Another problem of using ranges is that ranges cannot reveal the relative magnitude of the output. For example, suppose we obtain for a particular DMU that its slack for an output is 5 and the corresponding range for that output is 50. The managerial implication of this output slack for this DMU may be quite different if the maximum and minimum of the output are respectively 10 and 60 rather than 500 and 550, for example. As the main purpose of the normalizing factors are to obtain unit invariance, we opt for using the median of outputs to replace the range used in the objective function of (A.2), which is more robust than ranges or averages as the basic statistical properties of these measures. We call our efficiency measure based on median the “Median Adjusted Measure” (MAM). The MAM score then has an intuitive interpretation as the average of slacks compared to the sample median of the corresponding output variables. Note that one may designate the normalizing parameters in the original range adjusted model in other ways; see, e.g., Cooper et al. (2011) for a comprehensive discussion.

Table 6 Environmental efficiency scores and classifications for the major 50 manufacturing firms: the VRS case

Appendix C: VRS model under the weak disposability assumption

The following discussion is taken from Kuosmanen (2005) and Kuosmanen and Podinovski (2009); see also Kuosmanen and Kazemi Matin (2011) for a updated summary of the development in the VRS model with WDA. The classical Shephard’s WDA production model under variable returns-to-scale is \(f_{vrs}(X) := \{(Y,B): \sum_{j=1}^{n} \lambda_{j} x_{ji} \le x_{i},\;i=1,\ldots,m;\ \mu\sum_{j=1}^{n} \lambda_{j} y_{jr} \ge y_{r}, \;r=1,\ldots,s;\ \mu\sum_{j=1}^{n} \lambda_{j} b_{jk} = b_{k},\; k=1,\ldots,p;\ \sum_{j=1}^{n} \lambda_{j}=1;\ \lambda_{j} \ge0, \;j=1,\ldots ,n;\;0\le\mu\le1\}\). The constraint that makes λ _j ’s sum up to one to express the variable returns-to-scale condition (Banker et al. 1984). The μ variable is meant to reflect that the output space of Ω _vrs is the convex combination of the DMU’s output vector proportionally scaled down by the ratio μ. Kuosmanen (2005) generalizes Shephard’s model by allowing each DMU to contribute a different value of μ (i.e., 0≤μ ₁≤1,…,0≤μ _j ≤1, and thus each DMU can assume a different scale down factor).

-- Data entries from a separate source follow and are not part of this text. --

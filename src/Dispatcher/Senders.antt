-- ===== src/Dispatcher/Senders.antt =====
-- platform/dm/sender-registry.ts. An adapter is whether it supports a platform, and what its sendDm
-- returns for a request; toLowerCase is a parameter.
use openzigs_social.Prelude.{
  ℕ, String, Bool, false, not, Option, none, some, List, map, if◌then◌else◌, is_some,
}
use openzigs_social.Prelude.Maps.{get, set}
use openzigs_social.Effects.{Result, ok, err}

pub record SocialDmRequest : Type 0 where
  pub platform : String
  pub recipient_id : String
  pub text : String

pub record SocialDmResult : Type 0 where
  pub platform : String
  pub recipient_id : String
  pub message_id : Option String
  pub delivered_at : ℕ

pub record SocialDmSender : Type 0 where
  pub supports : String → Bool
  pub send_dm : SocialDmRequest → Result String SocialDmResult

pub data SenderError : Type 0 where
  already_registered no_sender send_failed : String → SenderError

abbrev pub Senders : Type 0
Senders = List (String × SocialDmSender)

module _ (to_lower_case : String → String) where
  unfoldable pub register :
      String → SocialDmSender → Senders → Result SenderError (Unit {0}) × Senders
  unfolding get set
  register platform sender senders =
      let key = to_lower_case platform in
      if is_some (get key senders)
      then (err (already_registered key), senders)
      else (ok tt, set key sender senders)

  unfoldable pub supports : String → Senders → Bool
  unfolding get
  supports platform senders = elim (get (to_lower_case platform) senders) [
    | none ↦ false
    | some sender ↦ sender.supports platform
  ]

  unfoldable pub send_dm : SocialDmRequest → Senders → Result SenderError SocialDmResult
  unfolding get
  send_dm request senders = elim (get (to_lower_case request.platform) senders) [
    | none ↦ err (no_sender request.platform)
    | some sender ↦
        if not (sender.supports request.platform)
        then err (no_sender request.platform)
        else elim (sender.send_dm request) [ err e ↦ err (send_failed e) | ok r ↦ ok r ]
  ]

abbrev pub platforms : Senders → List String
platforms senders = map (λ s. s.0) senders
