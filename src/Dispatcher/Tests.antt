-- ===== src/Dispatcher/Tests.antt =====
-- A message on a thread that a human owns.
use openzigs_social.Prelude.{ℕ, String, false, none, [], ◌∷◌, ◌≡◌, refl}
use openzigs_social.Effects.{ok}
use openzigs_social.Handoff.Manager.{new_manager, is_human_owned}
use openzigs_social.Dispatcher.{
  InboundDm, inbox_message, inbox_skipped, DmWorld, DmRule, dispatch, run_rules, human_owned_guard,
}

abbrev message : InboundDm
message = record {
  platform = "instagram";
  thread_id = "t1";
  message_id = "m1";
  text = "hi";
  contact_id = none;
  sender = none;
  received_at = 5;
}

abbrev world : DmWorld ℕ String
world = record { handoff = record new_manager { human_owned = "t1" ∷ [] }; emitted = []; rest = 0 }

-- A rule that counts in the rest of the world.
abbrev counts : DmRule ℕ String
counts m w = (ok false, record w { rest = 1 })

skipped : dispatch (human_owned_guard ∷ counts ∷ []) message world ≡ (
  ok (record { completed = false; rules_run = 1 }),
  record world { emitted = inbox_message message ∷ inbox_skipped "t1" ∷ [] },
)
unfolding dispatch run_rules human_owned_guard is_human_owned
skipped = refl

The Kuosmanen technology set also rectify the problem that Ω _vrs is not convex. Like the Shephard’s model, the Kuosmanen’s VRS model is nonlinear, too. However, Kuosmanen (2005) shows the VRS formulation can be converted into an equivalent linear form: \(f_{vrs}^{TK}(X) := \{(Y,B): \sum_{j=1}^{n} z_{j} x_{ji} \le x_{i},\; i=1,\ldots,m;\ \sum_{j=1}^{n} z_{j} y_{jr} \ge y_{r}, \;r=1,\ldots,s;\ \sum_{j=1}^{n} (z_{j}+\nu_{j}) b_{jk} = b_{k},\;k=1,\ldots,p;\ \sum_{j=1}^{n} (z_{j}+\nu_{j})=1;\ z_{j}, \nu_{j} \ge0, \;j=1,\ldots,n\}\).

Table 6 shows the efficiency scores under the VRS assumption for firms that also appeared in the application presented earlier in this article. As did in that application, we calculate the HAM, DDF, HEM scores for the fifty firms, and the MEM scores of their projection targets using the DDF and HEM models. Finally, the last two columns display the efficiency class of the firms when either DDF or HEM is used for efficiency evaluation.